Prune Callback

Use the pruner in fastai Callback system

Let’s try our PruneCallback on the Pets dataset

path = untar_data(URLs.PETS)
files = get_image_files(path/"images")

def label_func(f): return f[0].isupper()

dls = ImageDataLoaders.from_name_func(path, files, label_func, item_tfms=Resize(64))

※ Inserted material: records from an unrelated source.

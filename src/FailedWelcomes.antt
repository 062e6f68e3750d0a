-- ===== src/FailedWelcomes.antt =====
-- src/marmot/failed-welcomes.ts: the record of the invitations that could not be joined. The database
-- lists its keys in the order of the table. `announced` counts the change events.
pub mod Prune
use notestr.Prelude.{
  ℕ, ◌+◌, ◌-◌, Text, Bool, true, false, Option, none, some, List, [], ◌∷◌, map, keep, ltb, leb,
  if◌then◌else◌,
}
use notestr.Prelude.Dict.{Dict, get, set, delete}
use notestr.Outbox.Bridge.{take}

pub record FailedWelcomeRecord : Type 0 where
  pub recorded_at : ℕ
  pub gift_wrap_event_id : Text
  pub inner_kind : ℕ
  pub inner_created_at : ℕ
  pub inviter_pubkey : Option Text
  pub group_id : Option Text
  pub kp_ref : Option Text
  pub failure_reason : Text
  pub failure_detail : Text

pub record FailedWelcomes : Type 0 where
  pub records : Dict FailedWelcomeRecord
  pub announced : ℕ

unfoldable pub dispatch_changed : FailedWelcomes → FailedWelcomes
dispatch_changed d = record d { announced = d.announced + 1 }

unfoldable pub append_failed_welcome : FailedWelcomeRecord → FailedWelcomes → FailedWelcomes
append_failed_welcome r d = dispatch_changed (record d {
  records =
      set r.gift_wrap_event_id (record r { failure_detail = take 500 r.failure_detail }) d.records;
})

unfoldable pub keys : Dict FailedWelcomeRecord → List Text
keys m = map (λ e. e.0) m

-- `getItem` of each key, without those that have no record.
unfoldable pub read_all : List Text → Dict FailedWelcomeRecord → List FailedWelcomeRecord
read_all [] m = []
read_all (k ∷ ks) m = elim (get k m) [ none ↦ read_all ks m | some r ↦ r ∷ read_all ks m ]

abbrev pub is_since : ℕ → FailedWelcomeRecord → Bool
is_since since r = leb since r.recorded_at

abbrev pub filter_since : Option ℕ → List FailedWelcomeRecord → List FailedWelcomeRecord
filter_since none rs = rs
filter_since (some since) rs = keep (is_since since) rs

-- The stable sort by `b.recordedAt - a.recordedAt`.
unfoldable pub insert_newest :
    FailedWelcomeRecord → List FailedWelcomeRecord → List FailedWelcomeRecord
insert_newest x [] = x ∷ []
insert_newest x (y ∷ ys) =
    if leb y.recorded_at x.recorded_at then x ∷ y ∷ ys else y ∷ insert_newest x ys

unfoldable pub sort_newest : List FailedWelcomeRecord → List FailedWelcomeRecord
sort_newest [] = []
sort_newest (x ∷ xs) = insert_newest x (sort_newest xs)

abbrev pub limit_to : Option ℕ → List FailedWelcomeRecord → List FailedWelcomeRecord
limit_to none rs = rs
limit_to (some limit) rs = take limit rs

unfoldable pub load_failed_welcomes :
    (since limit : Option ℕ) → FailedWelcomes → List FailedWelcomeRecord
load_failed_welcomes since limit d =
    limit_to limit (sort_newest (filter_since since (read_all (keys d.records) d.records)))

unfoldable pub forget_failed_welcome : Text → FailedWelcomes → FailedWelcomes
forget_failed_welcome id d = dispatch_changed (record d { records = delete id d.records })

unfoldable pub prune_key : (cutoff : ℕ) → Text → Dict FailedWelcomeRecord → Dict FailedWelcomeRecord
prune_key cutoff k m = elim (get k m) [
  | none ↦ m
  | some r ↦ if ltb r.recorded_at cutoff then delete k m else m
]

unfoldable pub prune_keys :
    (cutoff : ℕ) → List Text → Dict FailedWelcomeRecord → Dict FailedWelcomeRecord
prune_keys cutoff [] m = m
prune_keys cutoff (k ∷ ks) m = prune_keys cutoff ks (prune_key cutoff k m)

-- `pruneOlderThan`; a negative cutoff prunes nothing, as 0 does.
unfoldable pub prune_older_than : (ms now : ℕ) → FailedWelcomes → FailedWelcomes
prune_older_than ms now d =
    dispatch_changed (record d { records = prune_keys (now - ms) (keys d.records) d.records })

We’ll train a vanilla ResNet18 for 5 epochs to have an idea of the expected performance

learn = vision_learner(dls, resnet18, metrics=accuracy)
learn.unfreeze()
learn.fit_one_cycle(5)
epoch train_loss valid_loss accuracy time
0 0.653510 0.805452 0.831529 00:08
1 0.373264 0.246071 0.901894 00:03
2 0.226383 0.212931 0.912043 00:03
3 0.118254 0.186566 0.920162 00:03
4 0.067994 0.185255 0.924899 00:03
base_macs, base_params = tp.utils.count_ops_and_params(learn.model, torch.randn(1,3,224,224).to(default_device()))

Let’s now try adding to remove some filters in our model

learn = vision_learner(dls, resnet18, metrics=accuracy)
learn.unfreeze()

We’ll set the sparsity to 50 (i.e. remove 50% of filters), the context to global (i.e. we remove filters from anywhere in the network), the criteria to large_final (i.e. keep the highest value filters and the schedule to one_cycle (i.e. follow the One-Cycle schedule to remove filters along training).

pr_cb = PruneCallback(sparsity=45, context='global', criteria=large_final, schedule=one_cycle, layer_type=[nn.Conv2d])
learn.fit_one_cycle(10, cbs=pr_cb)
Pruning until a sparsity of [45]%
Sparsity at the end of epoch 0: [0.45]%
Sparsity at the end of epoch 1: [1.76]%
Sparsity at the end of epoch 2: [6.39]%
Sparsity at the end of epoch 3: [18.07]%
Sparsity at the end of epoch 4: [32.91]%
Sparsity at the end of epoch 5: [41.27]%
Sparsity at the end of epoch 6: [44.03]%
Sparsity at the end of epoch 7: [44.77]%
Sparsity at the end of epoch 8: [44.95]%
Sparsity at the end of epoch 9: [45.0]%
Final Sparsity: [45.0]%
epoch train_loss valid_loss accuracy time
0 0.923606 0.602696 0.727334 00:04
1 0.524770 0.355539 0.857239 00:05
2 0.352097 0.269183 0.890392 00:05
3 0.270549 0.325706 0.890392 00:05
4 0.205549 0.192651 0.920162 00:06
5 0.155798 0.221400 0.908660 00:05
6 0.137832 0.197844 0.907984 00:05
7 0.109144 0.196927 0.924222 00:05
8 0.085867 0.183181 0.933694 00:05
9 0.084885 0.186639 0.927605 00:05
pruned_macs, pruned_params = tp.utils.count_ops_and_params(learn.model, torch.randn(1,3,224,224).to(default_device()))

We observe that our network has lost 2.5% of accuracy. But how much parameters have we removed and how much compute does that save ?

print(f'The pruned model has {pruned_macs/base_macs:.2f} the compute of original model')
The pruned model has 0.75 the compute of original model
print(f'The pruned model has {pruned_params/base_params:.2f} the parameters of original model')
The pruned model has 0.26 the parameters of original model

So at the price of a slight decrease in accuracy, we now have a model that is 5x smaller and requires 1.5x fewer compute.